We say that a matrix is stored as a 2-dimensional array. A tensor generalizes this to a matrix of whatever dimension you want.

From a mathematical perspective, a tensor is a multilinear map in the same way that a matrix is a linear map. That is, it's equivalent to a function

$$F(x_1, x_2, \ldots, x_n) \in \R$$

where $F$ is linear in each of the inputs $x_i \in \R^{d_i}$ taken individually (i.e. with all the other inputs fixed).

$$F\left(\begin{bmatrix} x_1 \\ y_1 \end{bmatrix}, \begin{bmatrix} x_2 \\ y_2 \end{bmatrix}, \begin{bmatrix} x_3 \\ y_3 \end{bmatrix} \right) = x_1 y_2 x_3.$$

We'll come back to this later when we discuss tensors in ML frameworks.

An Illustrative Example¶

Suppose that we have $n$ websites, and we have collected a matrix $A \in \R^{n \times n}$, where $A_{ij}$ counts the number of links from website $i$ to website $j$.

We want to produce a new matrix $B \in \R^{n \times n}$ such that $B_{ij}$ measures the fraction of links from website $i$ that go to website $j$.

How do we compute this?

$$B_{ij} = \frac{A_{ij}}{\sum_{k=1}^n A_{ik}}$$
In [38]:
# generate some random data to work with
n = 6
A = numpy.random.randint(0,6,(n,n))**2 + numpy.random.randint(0,5,(n,n))

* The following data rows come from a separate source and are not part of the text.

-- ===== src/Tainlog/Examples.antt =====
-- The log of srvctl/src/tainlog.c on a short input, and its files in small directories.
use ngim.Base.{
  ℕ, ◌≡◌, ◌≢◌, refl, sym, ap, ◌∙◌, ◌-◌, true, false, none, some, List, [], ◌∷◌, replicate, inl, inr,
  ℤ, pos, negsuc, ◌==◌, if◌then◌else◌, arith,
}
use ngim.Cmdline.{Str, char_at}
use ngim.Tainlog.Options.{
  Arguments, AreInRange, dir_tainlog, validate_cmdline, validate_cmdline-AreInRange,
}
use ngim.Tainlog.Files.{Entry, Log, Answers, flush_archive, append_tainlog}
use ngim.Tainlog.Oldest.{AreNamed}
use ngim.Tainlog.Archive.{Pruned, flush_archive-Pruned}
use ngim.Tainlog.Rotation.{Works, IsReady, logged, append_tainlog-IsReady}
use ngim.Tai.{Tain}
use ngim.Tainlog.{Input, char, failed, read_loop}

abbrev second : ℕ → Tain
second t = record { sec = record { x = t }; nano = 0 }

-- A line, and the start of another one after a failed read.
abbrev typed : List Input
typed = char (second 1) b'a' ∷ char (second 1) 10 ∷ failed ∷ char (second 2) b'b' ∷ []

-- A line that does not fit into the buffer is read in two parts.
abbrev letters : List Input
letters = char (second 1) b'a' ∷ char (second 1) b'b' ∷ char (second 2) b'c' ∷ []

read_two :
    read_loop 1 letters
    ≡ record { line = b'a' ∷ b'b' ∷ []; left = char (second 2) b'c' ∷ []; eof = false }
unfolding read_loop
read_two = refl

-- A command line with every number out of range.
abbrev wild : Arguments
wild = record {
  root = some (b'/' ∷ []);
  keep = b'-' ∷ b'5' ∷ [];
  logdir = [];
  file = b'1' ∷ [];
  buffer = b'9' ∷ [];
}

-- A reader of numbers of one digit.
abbrev atoi : Str → ℤ
atoi [] = pos 0
atoi (c ∷ s) = if c == b'-' then negsuc 4 else pos (c - b'0')

validate_cmdline-AreInRange_example :
    AreInRange (record { keepnum = none; logdir = dir_tainlog; filesize = 1000; bufsize = 60 })
unfolding validate_cmdline
validate_cmdline-AreInRange_example = validate_cmdline-AreInRange atoi 194 wild refl

abbrev willing : Answers
willing = record {
  can_stat = true;
  can_open = true;
  can_lock = true;
  can_rename = true;
  written = none;
  can_open_dir = λ i. true;
  can_remove = λ i. true;
}

-- An archived file, whose name has the digit `c` first.
abbrev log : ℕ → Entry
log c = record {
  name = b'@' ∷ c ∷ replicate 23 b'0';
  file = record { regular = true; content = [] };
}

-- Two archived files, the newer one first.
abbrev archive : List Entry
archive = log b'2' ∷ log b'1' ∷ []

abbrev digit : Entry → ℕ
digit e = char_at e.name 1

digits_differ : ◌≢◌ {A = ℕ} b'1' b'2'
digits_differ e = omega arith

archive-AreNamed : AreNamed archive
archive-AreNamed d e (inl p) (inl q) same = sym p ∙ q
archive-AreNamed d e (inl p) (inr (inl q)) same =
    absurd (digits_differ (sym (ap digit p ∙ (ap (λ n. char_at n 1) same ∙ sym (ap digit q)))))
archive-AreNamed d e (inl p) (inr (inr m)) same = absurd m
archive-AreNamed d e (inr (inl p)) (inl q) same =
    absurd (digits_differ (ap digit p ∙ (ap (λ n. char_at n 1) same ∙ sym (ap digit q))))
archive-AreNamed d e (inr (inl p)) (inr (inl q)) same = sym p ∙ q
archive-AreNamed d e (inr (inl p)) (inr (inr m)) same = absurd m
archive-AreNamed d e (inr (inr m)) me same = absurd m

flush_archive-Pruned_example :
    (es : List Entry) × ((flush_archive willing (some 1) archive ≡ some es) × Pruned 1 archive es)
flush_archive-Pruned_example =
    flush_archive-Pruned willing (λ i. refl) (λ i. refl) 1 archive archive-AreNamed

willing-Works : Works willing
willing-Works = record { stats = refl; opens = refl; locks = refl; renames = refl; writes = refl }

-- The buffer does not fit into the current file any more.
abbrev ready_log : Log
ready_log = record {
  opened = true;
  size = 2;
  current = some (record { regular = true; content = b'a' ∷ b'b' ∷ [] });
  entries = [];
}

ready_log-IsReady : IsReady 3 ready_log
ready_log-IsReady = record {
  is_open = refl;
  file = record { regular = true; content = b'a' ∷ b'b' ∷ [] };
  is_current = refl;
  sized = refl;
  bounded = omega arith;
}

append_tainlog-IsReady_example :
    (l : Log) × ((append_tainlog willing 3 none (second 1) (b'c' ∷ b'd' ∷ []) ready_log ≡ some l)
      × (IsReady 3 l × (logged l ≡ b'a' ∷ b'b' ∷ b'c' ∷ b'd' ∷ [])))
append_tainlog-IsReady_example =
    append_tainlog-IsReady willing willing-Works 3 (b'c' ∷ b'd' ∷ []) (omega arith) (second 1)
      ready_log ready_log-IsReady (λ e m. absurd m)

B_for = numpy.zeros((n,n))
for i in range(n):
    for j in range(n):
        acc = 0
        for k in range(n):
            acc += A[i,k]
        B_for[i,j] = A[i,j] / acc

# print(B_for - (A / numpy.sum(A, axis=1, keepdims=True)))

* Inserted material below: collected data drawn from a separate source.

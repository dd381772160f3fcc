-- ===== src/Concurrency/Exclusion.antt =====
-- src/p2_satellite/concurrency.py: no two callers process one system at a time.
use mathlib.Core.List.Memᴰ
use p2_ai_knowledge_graph_fo.Base.{
  ℕ, ◌≡◌, refl, sym, ap, subst, ◌⊎◌, inl, inr, Bool, true, false, not, List, [], ◌∷◌, Option, none,
  some, Text, lookup, put, lookup-put, ◌==◌, list_eq, nat_eq, eq_iff, eq-cases, Memᴰ, mem-keep_if,
  keep_if, pair_eq, arith, Bool-cases, Option-cases, if◌then◌else◌, ◌↔◌,
}
use p2_ai_knowledge_graph_fo.Concurrency.{
  Locks, System, get_lock, try_acquire, exit_processing, enter, leave,
}

-- What the callers may do, in any interleaving. A caller leaves only what it is processing.
pub data Step : System → System → Type 0 where
  entering : (s : System) (caller : ℕ) (i : Text) → Step s (enter caller i s)
  leaving :
      (s : System) (caller : ℕ) (i : Text)
      → Memᴰ (caller, i) s.processing
      → Step s (leave caller i s)

pub data Reach (s : System) : System → Type 0 where
  here : Reach s s
  next : {t u : System} → Reach s t → Step t u → Reach s u

abbrev pub init : System
init = record { locks = []; processing = [] }

-- No id is processed twice, at whatever places of the list.
abbrev pub OneEach : List (ℕ × Text) → Type 0
OneEach [] = Unit
OneEach (p ∷ ps) = ((q : ℕ × Text) → Memᴰ q ps → ¬ (q.1 ≡ p.1)) × OneEach ps

-- A lock is held exactly for the ids that are processed.
pub record IsConsistent (s : System) : Type 0 where
  pub one_each : OneEach s.processing
  pub held : (p : ℕ × Text) → Memᴰ p s.processing → lookup p.1 s.locks ≡ some true
  pub owned :
      (i : Text) → lookup i s.locks ≡ some true → (caller : ℕ) × Memᴰ (caller, i) s.processing

-- How the registry answers.
get_lock_there :
    (locks : Locks) (i : Text) (held : Bool)
    → lookup i locks ≡ some held
    → get_lock locks i ≡ (locks, held)
unfolding get_lock
get_lock_there locks i held h = rw (h, get_lock) refl

get_lock_new :
    (locks : Locks) (i : Text)
    → lookup i locks ≡ none
    → get_lock locks i ≡ (put i false locks, false)
unfolding get_lock
get_lock_new locks i h = rw (h, get_lock) refl

pub try_acquire_held :
    (locks : Locks) (i : Text) → lookup i locks ≡ some true → try_acquire locks i ≡ (locks, false)
unfolding try_acquire
try_acquire_held locks i h = rw (get_lock_there locks i true h) refl

-- A lock that is not held is taken, and no other lock changes.
pub record Taken (locks : Locks) (i : Text) : Type 0 where
  pub acquired : (try_acquire locks i).1 ≡ true
  pub locks_after :
      (j : Text) → lookup j (try_acquire locks i).0 ≡ (if i == j then some true else lookup j locks)

pub try_acquire_free : (locks : Locks) (i : Text) → ¬ (lookup i locks ≡ some true) → Taken locks i
unfolding try_acquire
try_acquire_free locks i free = elim (Option-cases (lookup i locks)) [
  | inl e ↦ record {
    acquired = rw (get_lock_new locks i e) refl;
    locks_after = λ j. rw (get_lock_new locks i e) (
        ground
          (arith, eq_iff i j, lookup-put i j true (put i false locks), lookup-put i j false locks));
  }
  | inr (true, e) ↦ absurd (free e)
  | inr (false, e) ↦ record {
    acquired = rw (get_lock_there locks i false e) refl;
    locks_after = λ j. rw (get_lock_there locks i false e) (lookup-put i j true locks);
  }
]

pub held-cases : (o : Option Bool) → (o ≡ some true) ⊎ (¬ (o ≡ some true))
held-cases none = inr (λ e. cc)
held-cases (some true) = inl refl
held-cases (some false) = inr (λ e. cc)

enter-IsConsistent :
    (caller : ℕ) (i : Text) (s : System) → IsConsistent s → IsConsistent (enter caller i s)
unfolding enter
enter-IsConsistent caller i s c = elim (held-cases (lookup i s.locks)) [
  | inl h ↦
      rw (try_acquire_held s.locks i h)
        (record { one_each = c.one_each; held = c.held; owned = c.owned })
  | inr free ↦
      let taken = try_acquire_free s.locks i free in
      rw taken.acquired (record {
        one_each = (
          λ q m same. free (subst (λ x. lookup x s.locks ≡ some true) same (c.held q m)),
          c.one_each,
        );
        held = λ p m. elim (Memᴰ.cases_cons m) [
          | inl q ↦ ground (arith, taken.locks_after p.1, eq_iff i p.1, ap (λ x. x.1) q)
          | inr older ↦ ground (arith, taken.locks_after p.1, eq_iff i p.1, c.held p older)
        ];
        owned = λ j h. elim (eq-cases i j) [
          | inl same ↦ (caller, Memᴰ.head (ap (λ x. (caller, x)) (sym same)))
          | inr other ↦
              let t = c.owned j (ground (arith, other, h, taken.locks_after j)) in
              (t.0, Memᴰ.tail t.1)
        ];
      })
]

OneEach-keep_if : (p : ℕ × Text → Bool) (ps : List (ℕ × Text)) → OneEach ps → OneEach (keep_if p ps)
OneEach-keep_if p [] h = h
OneEach-keep_if p (x ∷ ps) h = elim (Bool-cases (p x)) [
  | inl e ↦ rw e (λ q m. h.0 q ((mem-keep_if p q ps).0 m).0, OneEach-keep_if p ps h.1)
  | inr e ↦ rw e (OneEach-keep_if p ps h.1)
]

same_caller :
    (ps : List (ℕ × Text)) (p q : ℕ × Text) → OneEach ps → Memᴰ p ps → Memᴰ q ps → p.1 ≡ q.1 → p ≡ q
same_caller [] p q one m m' same = absurd (Memᴰ.not-nil m)
same_caller (x ∷ ps) p q one m m' same = elim (Memᴰ.cases_cons m) [
  | inl e ↦ elim (Memᴰ.cases_cons m') [
    | inl e' ↦ cc (e, e')
    | inr t' ↦ absurd (one.0 q t' (cc (same, ap (λ y. y.1) e)))
  ]
  | inr t ↦ elim (Memᴰ.cases_cons m') [
    | inl e' ↦ absurd (one.0 p t (cc (same, ap (λ y. y.1) e')))
    | inr t' ↦ same_caller ps p q one.1 t t' same
  ]
]

-- A lock that is left: every other id that is processed keeps its own.
left_alone :
    (caller : ℕ) (i : Text) (ps : List (ℕ × Text)) (p : ℕ × Text)
    → OneEach ps
    → Memᴰ (caller, i) ps
    → Memᴰ p ps
    → not (p == (caller, i)) ≡ true
    → ¬ (i ≡ p.1)
left_alone caller i ps p one m m' differs same =
    ground (arith, differs, eq_iff p (caller, i), same_caller ps p (caller, i) one m' m (sym same))

leave-IsConsistent :
    (caller : ℕ) (i : Text) (s : System)
    → Memᴰ (caller, i) s.processing
    → IsConsistent s
    → IsConsistent (leave caller i s)
unfolding leave exit_processing
leave-IsConsistent caller i s m c = record {
  one_each = OneEach-keep_if _ s.processing c.one_each;
  held = λ p m'.
      let kept = (mem-keep_if _ p s.processing).0 m' in
      let other = left_alone caller i s.processing p c.one_each m kept.0 kept.1 in
      ground (arith, lookup-put i p.1 false s.locks, eq_iff i p.1, c.held p kept.0, other);
  owned = λ j h. elim (eq-cases i j) [
    | inl same ↦ absurd (ground (arith, h, lookup-put i j false s.locks, eq_iff i j, same))
    | inr other ↦
        let t = c.owned j (ground (arith, h, other, lookup-put i j false s.locks)) in
        (
          t.0,
          (mem-keep_if _ (t.0, j) s.processing).1
              (t.1, ground (arith, other, eq_iff i j, eq_iff {A = ℕ × Text} (t.0, j) (caller, i))),
        )
  ];
}

Step-IsConsistent : (s t : System) → Step s t → IsConsistent s → IsConsistent t
Step-IsConsistent s _ (entering _ caller i) c = enter-IsConsistent caller i s c
Step-IsConsistent s _ (leaving _ caller i m) c = leave-IsConsistent caller i s m c

init-IsConsistent : IsConsistent init
unfolding lookup
init-IsConsistent = record {
  one_each = _;
  held = λ p m. absurd (Memᴰ.not-nil m);
  owned = λ i h. cc;
}

-- Whatever the callers did and in whatever order: no id is processed by two callers or twice by
-- one, and a lock is held exactly while somebody processes its id.
pub reachable-IsConsistent : (s : System) → Reach init s → IsConsistent s
reachable-IsConsistent _ here = init-IsConsistent
reachable-IsConsistent _ (next {t} r step) = Step-IsConsistent t _ step (reachable-IsConsistent t r)

-- In every reachable state, a caller is yielded `True` for an id exactly when nobody processes it.
pub acquired_iff_unprocessed :
    (s : System) (i : Text)
    → Reach init s
    → ((try_acquire s.locks i).1 ≡ true) ↔ (¬ ((caller : ℕ) × Memᴰ (caller, i) s.processing))
acquired_iff_unprocessed s i r =
    let c = reachable-IsConsistent s r in
    (
      λ h p. cc (h, ap (λ x. x.1) (try_acquire_held s.locks i (c.held (p.0, i) p.1))),
      λ h. (try_acquire_free s.locks i (λ e. h (c.owned i e))).acquired,
    )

sumAik = A @ numpy.ones((n,1))
print(B_for - (A / sumAik))

# numpy.sum(A, axis=1).shape
[[0. 0. 0. 0. 0. 0.]
 [0. 0. 0. 0. 0. 0.]
 [0. 0. 0. 0. 0. 0.]
 [0. 0. 0. 0. 0. 0.]
 [0. 0. 0. 0. 0. 0.]
 [0. 0. 0. 0. 0. 0.]]

Gradients¶

Many, if not most, machine learning training algorithms use gradients to optimize a function.

What is a gradient?

Suppose I have a function $f$ from $\R^d$ to $\R$. The gradient, $\nabla f$, is a function from $\R^d$ to $\R^d$ such that

$$\left(\nabla f(w) \right)_i = \frac{\partial}{\partial w_i} f(w) = \lim_{\delta \rightarrow 0} \frac{f(w + \delta e_i) - f(w)}{\delta},$$

that is, it is the vector of partial derivatives of the function. Another, perhaps cleaner (and basis-independent), definition is that $\nabla f(w)^T$ is the linear map such that for any $u \in \R^d$

$$\nabla f(w)^T u = \lim_{\delta \rightarrow 0} \frac{f(w + \delta u) - f(w)}{\delta}.$$

More informally, it is the unique vector such that $f(w) \approx f(w_0) + (w - w_0)^T \nabla f(w_0)$ for $w$ nearby $w_0$.

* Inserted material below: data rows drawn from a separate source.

-- ===== src/Tables/Upsert.antt =====
-- core-side-patch/models.py, `upsert_graph_structure`: the snapshot that the satellite pushes.
pub mod Repeated
pub mod Raises
pub mod Unique
pub mod Single
pub mod Nodes
pub mod Store
pub mod AllNodes
pub mod Edges
pub mod Link
pub mod AllEdges
pub mod Snapshot
use p2_ai_knowledge_graph_fo.Base.{
  ℕ, ◌+◌, suc, Bool, true, false, not, ◌&&◌, ◌||◌, List, [], ◌∷◌, ◌++◌, Option, none, some, Text,
  Dict, lookup, put, if◌then◌else◌, ◌==◌, list_eq, nat_eq, pair_eq, keep_if, map, ◌>>=◌,
}
use p2_ai_knowledge_graph_fo.Tables.{
  Properties, same_properties, GovernanceGraphNode, GovernanceGraphEdge, Session, one_or_none,
  has_natural_key, get_node_by_natural_key,
}

-- routers/patent_ingest_p2.py
pub record NodeStructureItem : Type 0 where
  pub node_type : Text
  pub node_key : Text
  pub properties : Properties

pub record EdgeStructureItem : Type 0 where
  pub source_node_type : Text
  pub source_node_key : Text
  pub target_node_type : Text
  pub target_node_key : Text
  pub edge_type : Text
  pub is_active : Bool
  pub weight : ℕ
  pub properties : Properties

pub record Counts : Type 0 where
  pub nodes_created : ℕ
  pub nodes_updated : ℕ
  pub edges_created : ℕ
  pub edges_updated : ℕ

-- The local variables of the function, with the session.
pub record Upserting : Type 0 where
  pub session : Session
  pub node_id_by_key : Dict (Text × Text) ℕ
  pub counts : Counts

unfoldable pub insert_node : ℕ → NodeStructureItem → Upserting → Upserting
insert_node org_id node u =
    let row : GovernanceGraphNode = record {
      id = u.session.next_id;
      org_id = org_id;
      node_type = node.node_type;
      node_key = node.node_key;
      properties = node.properties;
      archived = false;
    } in
    record {
      session = record (u.session) {
        nodes = u.session.nodes ++ row ∷ [];
        next_id = suc u.session.next_id;
      };
      node_id_by_key = put (node.node_type, node.node_key) row.id u.node_id_by_key;
      counts = record (u.counts) { nodes_created = u.counts.nodes_created + 1 };
    }

-- The row with the pushed properties, and no longer archived.
unfoldable pub update_node : ℕ → Properties → List GovernanceGraphNode → List GovernanceGraphNode
update_node id properties [] = []
update_node id properties (n ∷ nodes) =
    (if n.id == id
      then record n {
        properties = if same_properties n.properties properties then n.properties else properties;
        archived = false;
      }
      else n)
    ∷ update_node id properties nodes

unfoldable pub node_changed : GovernanceGraphNode → Properties → Bool
node_changed existing properties =
    not (same_properties existing.properties properties) || existing.archived

unfoldable pub refresh_node : NodeStructureItem → GovernanceGraphNode → Upserting → Upserting
refresh_node node existing u = record {
  session = record (u.session) { nodes = update_node existing.id node.properties u.session.nodes };
  node_id_by_key = put (node.node_type, node.node_key) existing.id u.node_id_by_key;
  counts =
      if node_changed existing node.properties
      then record (u.counts) { nodes_updated = u.counts.nodes_updated + 1 }
      else u.counts;
}

unfoldable pub write_node :
    ℕ → NodeStructureItem → Upserting → Option GovernanceGraphNode → Upserting
write_node org_id node u none = insert_node org_id node u
write_node org_id node u (some existing) = refresh_node node existing u

unfoldable pub upsert_node : ℕ → Upserting → NodeStructureItem → Option Upserting
upsert_node org_id u node = do
  existing ←
      one_or_none (keep_if (has_natural_key org_id node.node_type node.node_key) u.session.nodes)
  some (write_node org_id node u existing)

-- `_resolve_node_id`; a node found in the table is remembered.
unfoldable pub remember :
    Text × Text → Upserting → Option GovernanceGraphNode → Upserting × Option ℕ
remember key u none = (u, none)
remember key u (some existing) =
    (record u { node_id_by_key = put key existing.id u.node_id_by_key }, some existing.id)

unfoldable pub resolve_in_table :
    ℕ → Upserting → Text × Text → Option ℕ → Option (Upserting × Option ℕ)
resolve_in_table org_id u key (some id) = some (u, some id)
resolve_in_table org_id u key none = do
  existing ← get_node_by_natural_key u.session org_id key.0 key.1
  some (remember key u existing)

unfoldable pub resolve_node_id : ℕ → Upserting → Text × Text → Option (Upserting × Option ℕ)
resolve_node_id org_id u key = resolve_in_table org_id u key (lookup key u.node_id_by_key)

unfoldable pub has_edge_key : ℕ → ℕ → ℕ → Text → GovernanceGraphEdge → Bool
has_edge_key org_id source_id target_id edge_type e =
    (e.org_id == org_id)
    && (e.source_node_id == source_id)
    && (e.target_node_id == target_id)
    && (e.edge_type == edge_type)

unfoldable pub insert_edge : ℕ → ℕ → ℕ → EdgeStructureItem → Upserting → Upserting
insert_edge org_id source_id target_id edge u =
    let row : GovernanceGraphEdge = record {
      id = u.session.next_id;
      org_id = org_id;
      source_node_id = source_id;
      target_node_id = target_id;
      edge_type = edge.edge_type;
      weight = edge.weight;
      properties = edge.properties;
      is_active = edge.is_active;
    } in
    record u {
      session = record (u.session) {
        edges = u.session.edges ++ row ∷ [];
        next_id = suc u.session.next_id;
      };
      counts = record (u.counts) { edges_created = u.counts.edges_created + 1 };
    }

unfoldable pub bool_beq : Bool → Bool → Bool
bool_beq true b = b
bool_beq false b = not b

unfoldable pub edge_changed : GovernanceGraphEdge → EdgeStructureItem → Bool
edge_changed existing edge =
    not (bool_beq existing.is_active edge.is_active)
    || not (existing.weight == edge.weight)
    || not (same_properties existing.properties edge.properties)

unfoldable pub update_edge :
    ℕ → EdgeStructureItem → List GovernanceGraphEdge → List GovernanceGraphEdge
update_edge id edge [] = []
update_edge id edge (e ∷ edges) =
    (if e.id == id
      then record e {
        is_active = edge.is_active;
        weight = edge.weight;
        properties =
            if same_properties e.properties edge.properties then e.properties else edge.properties;
      }
      else e)
    ∷ update_edge id edge edges

unfoldable pub refresh_edge : EdgeStructureItem → GovernanceGraphEdge → Upserting → Upserting
refresh_edge edge existing u = record u {
  session = record (u.session) { edges = update_edge existing.id edge u.session.edges };
  counts =
      if edge_changed existing edge
      then record (u.counts) { edges_updated = u.counts.edges_updated + 1 }
      else u.counts;
}

unfoldable pub write_edge :
    ℕ → ℕ → ℕ → EdgeStructureItem → Upserting → Option GovernanceGraphEdge → Upserting
write_edge org_id source_id target_id edge u none = insert_edge org_id source_id target_id edge u
write_edge org_id source_id target_id edge u (some existing) = refresh_edge edge existing u

-- An end that is not resolved: the edge is skipped.
unfoldable pub store_edge :
    ℕ → EdgeStructureItem → Upserting → Option ℕ → Option ℕ → Option Upserting
store_edge org_id edge u (some source_id) (some target_id) = do
  existing ←
      one_or_none (keep_if (has_edge_key org_id source_id target_id edge.edge_type) u.session.edges)
  some (write_edge org_id source_id target_id edge u existing)
store_edge org_id edge u (some source_id) none = some u
store_edge org_id edge u none target_id = some u

unfoldable pub upsert_edge : ℕ → Upserting → EdgeStructureItem → Option Upserting
upsert_edge org_id u edge = do
  source ← resolve_node_id org_id u (edge.source_node_type, edge.source_node_key)
  target ← resolve_node_id org_id source.0 (edge.target_node_type, edge.target_node_key)
  store_edge org_id edge target.0 source.1 target.1

-- A loop that stops where a step raises.
unfoldable pub each :
    {A : Type 0} → (Upserting → A → Option Upserting) → Upserting → List A → Option Upserting
each f u [] = some u
each f u (a ∷ rest) = f u a >>= λ u'. each f u' rest

abbrev pub start : Session → Upserting
start session = record {
  session = session;
  node_id_by_key = [];
  counts = record { nodes_created = 0; nodes_updated = 0; edges_created = 0; edges_updated = 0 };
}

-- `none`: `MultipleResultsFound` was raised, and the transaction is not committed.
unfoldable pub upsert_graph_structure :
    Session → ℕ → List NodeStructureItem → List EdgeStructureItem → Option (Session × Counts)
upsert_graph_structure session org_id nodes edges = do
  u ← each (upsert_node org_id) (start session) nodes
  v ← each (upsert_edge org_id) u edges
  some (v.session, v.counts)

Let's derive some gradients!¶

$f(x) = x^T A x$

$f(x) = \| x \|_2^2 = \sum_{i=1}^d x_i^2$

...

$f(x) = \| x \|_1 = \sum_{i=1}^d | x_i |$

...

$f(x) = \| x \|_{\infty} = \max(|x_1|, |x_2|, \ldots, |x_d|)$

...

Takeaway: numpy gives us powerful capabilities to express numerical linear algebra...¶

...and you should become skilled in mapping from mathematical expressions to numpy and back.